The only way to get great Web content is to have your staff
develop the content for the Web first. Then, if you still
have a need for printed collateral, transfer the text and images to a
desktop publishing application and massage it into a form that is suited
for print. Of course, your print materials will suffer from this
procedure, so if you want great Web content and great brochures,
you will have to have two teams develop two sets of content.
Content creators have been trained to develop linear content for
traditional media: they have spent their entire careers doing so. They
have to consciously push themselves to work differently than their natural
approach to content, so unless you force your content developers to
produce their material specifically for the Web, you will end up with
substandard Web content
If you are running a campaign with a certain theme, have it include a URL
to a page that follows up on that theme.
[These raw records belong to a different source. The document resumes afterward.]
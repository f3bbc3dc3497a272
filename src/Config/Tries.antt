-- ===== src/Config/Tries.antt =====
-- Failures of one server in a row, before `IncrementServerFailCount` gives it up.
use nrp_reference.Base.{
  ℕ, zero, suc, ◌+◌, ◌≤◌, ◌≡◌, refl, false, ◌∙◌, ok, Outcome, ◌>>=◌, arith, leb,
}
use nrp_reference.ServerRecord.{ServerRecord}
use nrp_reference.Config.State.{Config}
use nrp_reference.Config.Servers.{ServerRef, in_active, in_probationary, in_configured}
use nrp_reference.Config.Update.{load, store, increment_server_fail_count}
use nrp_reference.Config.Steps.{SameServer}
use nrp_reference.Config.Failures.{failed_record, increment_server_fail_count_lem}
use nrp_reference.Config.Promotion.{deref-set}

load-store :
    (c : Config) (ref : ServerRef) (old s : ServerRecord)
    → load c ref ≡ ok old
    → load (store c ref s) ref ≡ ok s
unfolding load store
load-store c (in_active i) old s found = deref-set c.active_servers i old s found
load-store c (in_probationary i) old s found = deref-set c.probationary_servers i old s found
load-store c in_configured old s found = deref-set c.configured_servers 0 old s found

store-banned :
    (c : Config) (ref : ServerRef) (s : ServerRecord)
    → (store c ref s).banned_servers ≡ c.banned_servers
unfolding store
store-banned c (in_active i) s = refl
store-banned c (in_probationary i) s = refl
store-banned c in_configured s = refl

-- `n` failures in a row, the last at the time `now 0`.
abbrev pub fail_again : ℕ → (ℕ → ℕ) → ServerRef → Config → Outcome Config
fail_again zero now ref c = ok c
fail_again (suc n) now ref c =
    increment_server_fail_count c ref (now n) (now n) >>= fail_again n now ref

-- The server is where it was, with `n` more failures, and is still to be asked again after the same time.
pub record StillThere (n : ℕ) (ref : ServerRef) (c c' : Config) (old : ServerRecord) : Type 0 where
  pub server : ServerRecord
  pub found : load c' ref ≡ ok server
  pub same : SameServer old server
  pub failures : server.failure_count ≡ old.failure_count + n
  pub retry_time : server.retry_time ≡ old.retry_time
  pub banned : c'.banned_servers ≡ c.banned_servers

-- A server that fails until it has failed three times in a row stays where it is in its list, with its failures
-- counted and its retry time as it was, and nobody is banned for it.
pub fail_again-StillThere :
    (n : ℕ) (now : ℕ → ℕ) (ref : ServerRef) (c : Config) (old : ServerRecord)
    → load c ref ≡ ok old
    → old.failure_count + n ≤ 3
    → (c' : Config) × (fail_again n now ref c ≡ ok c') × StillThere n ref c c' old
fail_again-StillThere zero now ref c old found few = (
  c,
  refl,
  record {
    server = old;
    found = found;
    same = record { host = refl; ipv6 = refl; probationary = refl };
    failures = omega arith;
    retry_time = refl;
    banned = refl;
  },
)
fail_again-StillThere (suc n) now ref c old found few =
    let once = failed_record old (now n) in
    let tolerated : leb 3 old.failure_count ≡ false = ground arith in
    let failed : increment_server_fail_count c ref (now n) (now n) ≡ ok (store c ref once) =
      increment_server_fail_count_lem c ref old (now n) (now n) found ∙ simp tolerated refl in
    let (c', again, there) =
      fail_again-StillThere n now ref (store c ref once) once (load-store c ref old once found)
        (omega arith) in
    (
      c',
      rw failed again,
      record {
        server = there.server;
        found = there.found;
        same = record {
          host = there.same.host;
          ipv6 = there.same.ipv6;
          probationary = there.same.probationary;
        };
        failures = omega (arith, there.failures);
        retry_time = there.retry_time;
        banned = there.banned ∙ store-banned c ref once;
      },
    )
The payoff page should not be a
copy of the ad (the customer presumably already read the ad before going
to the Web), though a link to an online version of the ad might be
appropriate to help users who go to the page without having seen the ad.
Instead, use each medium for what it's good at. For example, a game
company could use TV commercials to make people think that a game
looks good and use the Web to allow them to play a simplified
version of the game.
Users are not designers: no matter how many focus groups you run, they
cannot tell you how to design your navigation. Focus groups are great for
getting information about users' current concerns and areas where they
would like help, but they will rarely teach you how to reinvent the
fundamental way you do business. Listening carefully to customers will
often reveal frustrations that can turn into opportunities for
improvement, but once you have an idea for an improvement, you must create
a prototype design and try it out with users in a usability test to see
whether it really works for them.
There are endless stories of customers who say in focus groups that they
would love a certain feature, but who never use it once it is launched
because it is too cumbersome, too expensive, or doesn't really meet their
needs in real use. The point is that market research forms the starting
point but has to be supplemented with usability engineering if you want a
design that works when people try to use it.
You may commission a traditional market research firm to question
thousands of customers to measure whether they like your website more or
less than your competition. Once you know that your site scores, say, 5.6
and your worst competitor scores 5.9, you may know that you need to
improve, but you will not know how to improve. Specific insights
into the detailed design of your site and the parts that must change
because they are confusing, slow users down, or do not match the way users
want to work can be derived from watching four or five users as
they actually use your site to perform real tasks. A day or two
in the usability lab and you will have a long list of changes that will
improve your design.
It is less common to find sites that only do user testing and never
conduct any market research, but that would be a mistake too.
Ask your CTO and head of marketing what strategic thoughts they
have relating to terms like "disintermediation", "virtual project teams",
and "microtransactions." If they don't have any thoughts, they
had better start thinking now - before it's too late.
The Web enables completely new ways of doing business such as true
globalization (for example, " work-around-the-clock", where
projects are passed on to teams as the globe turns). If you don't grasp
these new business opportunities you will be toast in a few years.
The two classic errors in predicting the future of a technology shift are
to over-estimate its short-term impact and under-estimate its long-term
impact. The Web has been hyped to such an extent that people overestimate
what it can do the next year or two: most websites are not going to turn a
profit any time soon. But please don't underestimate what will happen once
we reach the goal of everyone, everywhere; connected. The
impact of networks grows by at least the square of the number of
connections, and the true value of the Web will be only be seen after
extensive business process reengineering.